The torch is passed gracefully in this town from the die-hard old-school restaurants and pubs to the new youthfully exuberant restaurant concepts staffed with young talent behind the stick, or in the kitchen. There is enough room for everyone in this town, and Portlanders decide if you get to stay and play. They raise their expectations and proprieters deliver. If not, it’s back to the other side of the bar, Chef-fy.
On SE Belmont, my friend and chef Marc Brazeau and his team are in their first year of staking their claim in the infinite frontier of The Portland Oregon Scene. The deed has been written and The Globe BarCafe is fervently supported by this little neighborhood in SouthEast they call home.
Following the cycle of the day The Globe BarCafe evolves. At Sunrise, a place to get a hot cup of coffee and read, By the Mid-day Sun – a quick-serve lunch counter, At Dusk a dinner-spot, In the witching hours – a Bar. Not to get all linen-shirted and Guru about it, but I forsee many sunrises on The Globe BarCafe.

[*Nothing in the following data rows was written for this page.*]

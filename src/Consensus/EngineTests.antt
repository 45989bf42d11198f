-- ===== src/Consensus/EngineTests.antt =====
-- The theorems on the engine at concrete blocks (core/consensus/src/engine.rs).
use muta.Prelude.{
  List, [], arith, err, false, get_or, list_eq, nat_eq, none, ok, refl, some, ℕ, ◌+◌, ◌∷◌, ◌≡◌,
}
use muta.Consensus.Types.{BlockHeader, ConsensusResult, outside}
use muta.Consensus.History.{IsTraced, Traced, executed, pending, trace}
use muta.Consensus.Adapter.{
  check_validator, check_validators, node_list, verify_block_header, verify_proof,
}
use muta.Consensus.Status.{
  CurrentConsensusStatus, check_list_roots, update_by_committed, update_by_executed, zip_equal,
}
use muta.Consensus.Checks.{
  check_block_roots, check_order_transactions, digest_signed_transactions, validate_timestamp,
}
use muta.Consensus.Actions.{◌>>=◌, ◌>>◌}
use muta.Consensus.Engine.{
  EngineEffect, EngineState, Host, OverlordStatus, digest_txs, executed_txs, inner_check_block,
  new_header, retry_roots, saved_proof,
}
use muta.Consensus.Commit.{
  Commit, commit, exec_until, overlord_status, update_status as update_committed,
}
use muta.Consensus.Proposal.{no_results, update_by_committed-new_header}
use muta.Consensus.Checked.{IsChecked, inner_check_block-IsChecked}
use muta.Consensus.Tries.{AcceptedWithin, exec_until-AcceptedWithin}
use muta.Consensus.Fixtures.{
  at_genesis, decode_digits, first_block, first_three, genesis_status, no_proof, result_at,
  test_chain, test_metadata,
}

-- The execution is refused once, right after the proof is saved.
abbrev refuse_once : List (EngineEffect ℕ) → EngineEffect ℕ → ConsensusResult (Unit {0})
refuse_once (saved_proof p ∷ effects) (executed_txs c o h y a b t l s) = err (outside "busy")
refuse_once _ _ = ok tt

abbrev test_host : Host ℕ
test_host = record {
  chain = λ effects. test_chain;
  perform = refuse_once;
  get_txs_from_mempool = λ effects height cycles number. ok ([], []);
  get_full_txs = λ effects hashes. ok hashes;
  verify_txs = λ effects height hashes. ok tt;
  load_wal = λ effects height hash. ok [];
  encode_tx = λ tx. ok (tx ∷ []);
  digest = λ bytes. 7;
  merkle_root = λ hashes. none;
  decode = decode_digits;
  time_now = λ effects. 50;
  sorted = λ nodes. nodes;
  chain_id = 1;
  self_address = 1;
  hash_from_bytes = λ bytes. ok 101;
  wait = λ status. status;
}

abbrev idle_engine : EngineState ℕ
idle_engine = record {
  status = genesis_status;
  exemption_hash = 5 ∷ [];
  sync_lock = false;
  effects = [];
}

block_checked : inner_check_block test_host first_block idle_engine ≡ (idle_engine, ok tt)
unfolding ◌>>=◌ ◌>>◌ inner_check_block verify_block_header check_validators check_validator
    node_list validate_timestamp verify_proof retry_roots check_block_roots check_list_roots
    zip_equal check_order_transactions digest_txs digest_signed_transactions
block_checked = refl

inner_check_block-IsChecked_example : IsChecked test_host first_block idle_engine idle_engine
inner_check_block-IsChecked_example =
    inner_check_block-IsChecked test_host first_block idle_engine idle_engine block_checked

abbrev agreed_block : Commit
agreed_block = record {
  content = record { block = first_block; propose_hashes = [] };
  proof_height = 1;
  proof_round = 0;
  proof_block_hash = [];
  proof_signature = [];
  proof_bitmap = [];
}

-- The engine with the saved proof, and an execution.
abbrev proof_saved : EngineState ℕ
proof_saved = record idle_engine { effects = saved_proof first_three ∷ [] }

abbrev an_execution : EngineEffect ℕ
an_execution = executed_txs 1 7 1 1 1 101 [] 1000 20

exec_until-AcceptedWithin_example :
    AcceptedWithin test_host 1 an_execution proof_saved
      (exec_until test_host 2 an_execution proof_saved)
exec_until-AcceptedWithin_example =
    exec_until-AcceptedWithin test_host 1 2 an_execution proof_saved (omega arith) refl

abbrev after_commit : EngineState ℕ × ConsensusResult OverlordStatus
after_commit = commit test_host 3 1 agreed_block idle_engine

abbrev committed_status : OverlordStatus
committed_status = overlord_status test_host 1 after_commit.0.status

-- Two results that no block confirms yet.
abbrev two_results : Traced
two_results =
    get_or (trace decode_digits (executed (result_at 1) ∷ executed (result_at 2) ∷ []) at_genesis)
      at_genesis

two_results-IsTraced : IsTraced two_results
unfolding trace update_by_executed
two_results-IsTraced = record {
  log = refl;
  receipt_length = refl;
  cycles_length = refl;
  state_length = refl;
}

abbrev own_header : BlockHeader
own_header =
    new_header test_host two_results.status (two_results.status.latest_committed_height + 1) 50 7 []

update_by_committed-new_header_example :
    (check_block_roots two_results.status own_header ≡ ok tt)
    × ((s : CurrentConsensusStatus) × (update_by_committed decode_digits test_metadata
            (record { header = own_header; ordered_tx_hashes = [] })
            101
            no_proof
            two_results.status
          ≡ some s)
        × (pending s ≡ no_results))
update_by_committed-new_header_example =
    update_by_committed-new_header test_host decode_digits test_metadata two_results 50 7 [] 101
      no_proof two_results-IsTraced
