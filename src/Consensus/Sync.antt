-- ===== src/Consensus/Sync.antt =====
-- Synchronization with another node (core/consensus/src/synchronization.rs). An action takes the two
-- statuses and the effects so far to what they become, with a result; what a failed action did
-- stays done. The storage, the network and the executor answer for the effects that there were. A
-- panic is the error `outside "panic"`.
use muta.Prelude.{
  List, Option, [], drop, ensure, err, false, get_or, if◌then◌else◌, length, ltb, map, nat_beq,
  none, ok, some, suc, take, true, zero, ℕ, ◌++◌, ◌+◌, ◌-◌, ◌∷◌,
}
use muta.Protocol.{Address, Bytes, Hash}
use muta.Consensus.Types.{
  Block, BlockHeader, ConsensusResult, Hex, MerkleRoot, Metadata, Proof, Validator, ValidatorExtend,
  invalid_order_signed_transactions_hash, outside,
}
use muta.Consensus.Status.{
  CurrentConsensusStatus, ExecutedInfo, get_latest_state_root, replace, update_by_committed,
  update_by_executed,
}
use muta.Consensus.Checks.{digest_signed_transactions}
use muta.Consensus.Actions.{Action, ask, lift, pure, ◌>>=◌, ◌>>◌}
use muta.Consensus.Adapter.{Chain, metadata_at, previous_height, verify_block_header, verify_proof}

pub record RichBlock (Tx : Type 0) : Type 0 where
  pub block : Block
  pub txs : List Tx

pub record ExecutorParams : Type 0 where
  pub state_root : MerkleRoot
  pub height : ℕ
  pub timestamp : ℕ
  pub cycles_limit : ℕ
  pub proposer : Address

pub record ExecutorResp (Receipt : Type 0) : Type 0 where
  pub receipts : List Receipt
  pub all_cycles_used : ℕ
  pub state_root : MerkleRoot

-- What is asked of the adapter and of the crypto, beside the questions.
pub data Effect (Tx Receipt : Type 0) : Type 0 where
  crypto_update : Metadata → Effect Tx Receipt
  set_args : ℕ → ℕ → ℕ → Effect Tx Receipt
  tag_consensus : List Bytes → Effect Tx Receipt
  save_signed_txs : ℕ → List Tx → Effect Tx Receipt
  save_receipts : ℕ → List Receipt → Effect Tx Receipt
  save_proof : Proof → Effect Tx Receipt
  save_block : Block → Effect Tx Receipt
  flush_mempool : List Hash → Effect Tx Receipt
  report_status : ℕ → ℕ → ℕ → ℕ → ℕ → ℕ → List Validator → Effect Tx Receipt

-- The effects are the newest first. `wait` is what the other tasks make of the status during
-- a delay, and `wait_execution` what they make of it while the commit is locked.
pub record Peer (Tx Receipt : Type 0) : Type 0 where
  pub chain : List (Effect Tx Receipt) → Chain
  pub perform : List (Effect Tx Receipt) → Effect Tx Receipt → ConsensusResult (Unit {0})
  pub get_block_from_remote : List (Effect Tx Receipt) → ℕ → ConsensusResult Block
  pub get_txs_from_remote : List (Effect Tx Receipt) → ℕ → List Hash → ConsensusResult (List Tx)
  pub get_proof_from_remote : List (Effect Tx Receipt) → ℕ → ConsensusResult Proof
  pub sync_exec :
      List (Effect Tx Receipt) → ExecutorParams → List Tx → ConsensusResult (ExecutorResp Receipt)
  pub encode_tx : Tx → ConsensusResult Bytes
  pub receipt_hash : Receipt → Hash
  pub digest : Bytes → Hash
  pub decode : Hex → Bytes
  pub merkle_root : List Hash → Option Hash
  pub wait : CurrentConsensusStatus → CurrentConsensusStatus
  pub wait_execution : CurrentConsensusStatus → CurrentConsensusStatus

pub record Syncing (Tx Receipt : Type 0) : Type 0 where
  pub status : CurrentConsensusStatus
  pub sync_status : CurrentConsensusStatus
  pub effects : List (Effect Tx Receipt)

abbrev pub once_sync_block_limit : ℕ
once_sync_block_limit = 50

-- The height that one synchronization goes to.
unfoldable pub sync_target : ℕ → ℕ → ℕ
sync_target current_height remote_height =
    if ltb remote_height (current_height + once_sync_block_limit)
    then remote_height
    else current_height + once_sync_block_limit

module _ {Tx Receipt : Type 0} (peer : Peer Tx Receipt) where
  abbrev Sync : Type 0 → Type 0
  Sync A = Action (Syncing Tx Receipt) A

  -- An effect that is refused did not happen.
  abbrev pub recorded : ConsensusResult (Unit {0}) → Effect Tx Receipt → Sync (Unit {0})
  recorded (ok u) e s = (record s { effects = e ∷ s.effects }, ok tt)
  recorded (err x) e s = (s, err x)

  abbrev pub act : Effect Tx Receipt → Sync (Unit {0})
  act e s = recorded (peer.perform s.effects e) e s

  abbrev pub changed : Option CurrentConsensusStatus → Sync (Unit {0})
  changed none s = (s, err (outside "panic"))
  changed (some new) s = (record s { sync_status = new }, ok tt)

  abbrev pub change : (CurrentConsensusStatus → Option CurrentConsensusStatus) → Sync (Unit {0})
  change f s = changed (f s.sync_status) s

  -- `ExecutedInfo::new`
  unfoldable pub new_executed_info : ℕ → MerkleRoot → ExecutorResp Receipt → ExecutedInfo
  new_executed_info height order_root resp = record {
    exec_height = height;
    cycles_used = resp.all_cycles_used;
    state_root = resp.state_root;
    receipt_root =
        get_or (peer.merkle_root (map (λ r. peer.receipt_hash r) resp.receipts)) (peer.digest []);
    confirm_root = order_root;
  }

  -- The transactions of a block, asked for in chunks; the fuel is their number, which is enough for
  -- chunks of at least one. The code panics at chunks of none.
  unfoldable pub get_txs : ℕ → ℕ → ℕ → List Hash → Sync (List Tx)
  get_txs chunk_size height zero hashes = pure []
  get_txs chunk_size height (suc n) [] = pure []
  get_txs chunk_size height (suc n) (hash ∷ hashes) = do
    remote_txs ←
        ask (λ s. peer.get_txs_from_remote s.effects height (take chunk_size (hash ∷ hashes)))
    rest ← get_txs chunk_size height n (drop chunk_size (hash ∷ hashes))
    pure (remote_txs ++ rest)

  unfoldable pub get_rich_block_from_remote : ℕ → ℕ → Sync (RichBlock Tx)
  get_rich_block_from_remote chunk_size height = do
    block ← ask (λ s. peer.get_block_from_remote s.effects height)
    txs ← get_txs chunk_size height (length block.ordered_tx_hashes) block.ordered_tx_hashes
    pure (record { block = block; txs = txs })

  unfoldable pub exec_params : BlockHeader → CurrentConsensusStatus → ExecutorParams
  exec_params header current_status = record {
    state_root = get_latest_state_root current_status;
    height = header.height;
    timestamp = header.timestamp;
    cycles_limit = current_status.cycles_limit;
    proposer = header.proposer;
  }

  unfoldable pub exec_block : RichBlock Tx → Sync (ExecutorResp Receipt)
  exec_block rich_block = do
    resp ← (λ s. (
      s,
      peer.sync_exec s.effects (exec_params rich_block.block.header s.sync_status) rich_block.txs,
    ))
    change (
        update_by_executed (
          new_executed_info rich_block.block.header.height rich_block.block.header.order_root resp))
    pure resp

  unfoldable pub save_chain_data : List Tx → List Receipt → Block → Sync (Unit {0})
  save_chain_data txs receipts block = do
    act (save_signed_txs block.header.height txs)
    act (save_receipts block.header.height receipts)
    act (save_proof block.header.proof)
    act (save_block block)

  unfoldable pub pub_keys : (Hex → Bytes) → List ValidatorExtend → List Bytes
  pub_keys decode [] = []
  pub_keys decode (v ∷ vs) = decode v.pub_key ∷ pub_keys decode vs

  -- The metadata of the block, handed to the crypto, the mempool and the network.
  unfoldable pub apply_metadata : Metadata → Sync (Unit {0})
  apply_metadata metadata = do
    act (crypto_update metadata)
    act (set_args metadata.timeout_gap metadata.cycles_limit metadata.max_tx_size)
    act (tag_consensus (pub_keys peer.decode metadata.verifier_list))

  unfoldable pub commit_block : RichBlock Tx → Proof → Sync (Unit {0})
  commit_block rich_block proof = do
    executor_resp ← exec_block rich_block
    block_hash ← ask (λ s. (peer.chain s.effects).header_hash rich_block.block.header)
    metadata ← ask (λ s. metadata_at (peer.chain s.effects) rich_block.block.header)
    apply_metadata metadata
    change (update_by_committed peer.decode metadata rich_block.block block_hash proof)
    save_chain_data rich_block.txs executor_resp.receipts rich_block.block
    act (flush_mempool rich_block.block.ordered_tx_hashes)

  unfoldable pub update_status : Sync (Unit {0})
  update_status s =
      act
        (report_status s.sync_status.latest_committed_height s.sync_status.consensus_interval
          s.sync_status.propose_ratio s.sync_status.prevote_ratio s.sync_status.precommit_ratio
          s.sync_status.brake_ratio s.sync_status.validators)
        (record s { status = replace s.sync_status s.status })

  -- The checks of a block before it is committed.
  unfoldable pub verify_rich_block : RichBlock Tx → Proof → Sync (Unit {0})
  verify_rich_block rich_block proof = do
    ask (λ s. verify_block_header (peer.chain s.effects) rich_block.block)
    ask (λ s. verify_proof (peer.chain s.effects) rich_block.block.header proof)
    previous_block_header ← ask (λ s.
        (peer.chain s.effects).get_block_header_by_height
          (previous_height rich_block.block.header.height))
    ask (λ s.
        verify_proof (peer.chain s.effects) previous_block_header rich_block.block.header.proof)
    hash ← lift (digest_signed_transactions peer.encode_tx peer.digest rich_block.txs)
    lift (
        ensure (nat_beq hash rich_block.block.header.order_signed_transactions_hash) (
          invalid_order_signed_transactions_hash hash
            rich_block.block.header.order_signed_transactions_hash))

  -- A turn of the loop.
  unfoldable pub sync_block : ℕ → ℕ → Sync (Unit {0})
  sync_block chunk_size height = do
    rich_block ← get_rich_block_from_remote chunk_size height
    proof ← ask (λ s. peer.get_proof_from_remote s.effects height)
    verify_rich_block rich_block proof
    commit_block rich_block proof
    update_status

  unfoldable pub sync_blocks : ℕ → ℕ → ℕ → ℕ → Sync (Unit {0})
  sync_blocks chunk_size remote_height zero current = pure tt
  sync_blocks chunk_size remote_height (suc n) current = elim (ltb current remote_height) [
    | false ↦ pure tt
    | true ↦
        sync_block chunk_size (current + 1) >> sync_blocks chunk_size remote_height n (current + 1)
  ]

  -- The loop, which has as many turns as there are heights to go.
  unfoldable pub start_sync : ℕ → ℕ → ℕ → Sync (Unit {0})
  start_sync chunk_size current_height remote_height =
      let target = sync_target current_height remote_height in
      sync_blocks chunk_size target (target - current_height) current_height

For my part, I travel not to go anywhere, but to go. I travel for travel’s sake. The great affair is to move. - Robert Louis Stevenson
Before it was utilized as a marketing slogan by InBev, this is the point where I would say something like, “Here We Go.” It is the first day of Northwesticles: A Public Transit Tour. The longest and biggest tour I have yet undertaken, so, a more complex statement is in order. “Joy is the fruition of a journey rooted in the heart”. I fain trust that will not end up in a beer commercial anytime soon.
Little Rock
This little painted rock in my hand was given to me by an old friend. Not directly however. Victoria, an acquaintance of mine from The Unlikely Theater Company makes these. I hadn’t seen her in many years and I stumbled across her booth at an art festival on Grand Avenue. There she was surrounded by a host of items she has made by hand. Things like the artist: Simple, quirky, fun. There is no other way I would have happened upon an artist like Vickey when I hadn’t seen her in years. You don’t bump into people like Victoria at the grocery store. You don’t realize suddenly that you are standing behind her in a record shop. Not that she doesn’t go to those places. But, when you have worked as an artist with other artists, you tend to find them again as they were when you knew them. You see them when they are creating. Because a true artist is always creating. Victoria Safriet is a true artist. I bought this little rock from Vickey, we chatted, and occasionally her and her guy have come to see some Quixote shows. We know each other through our art.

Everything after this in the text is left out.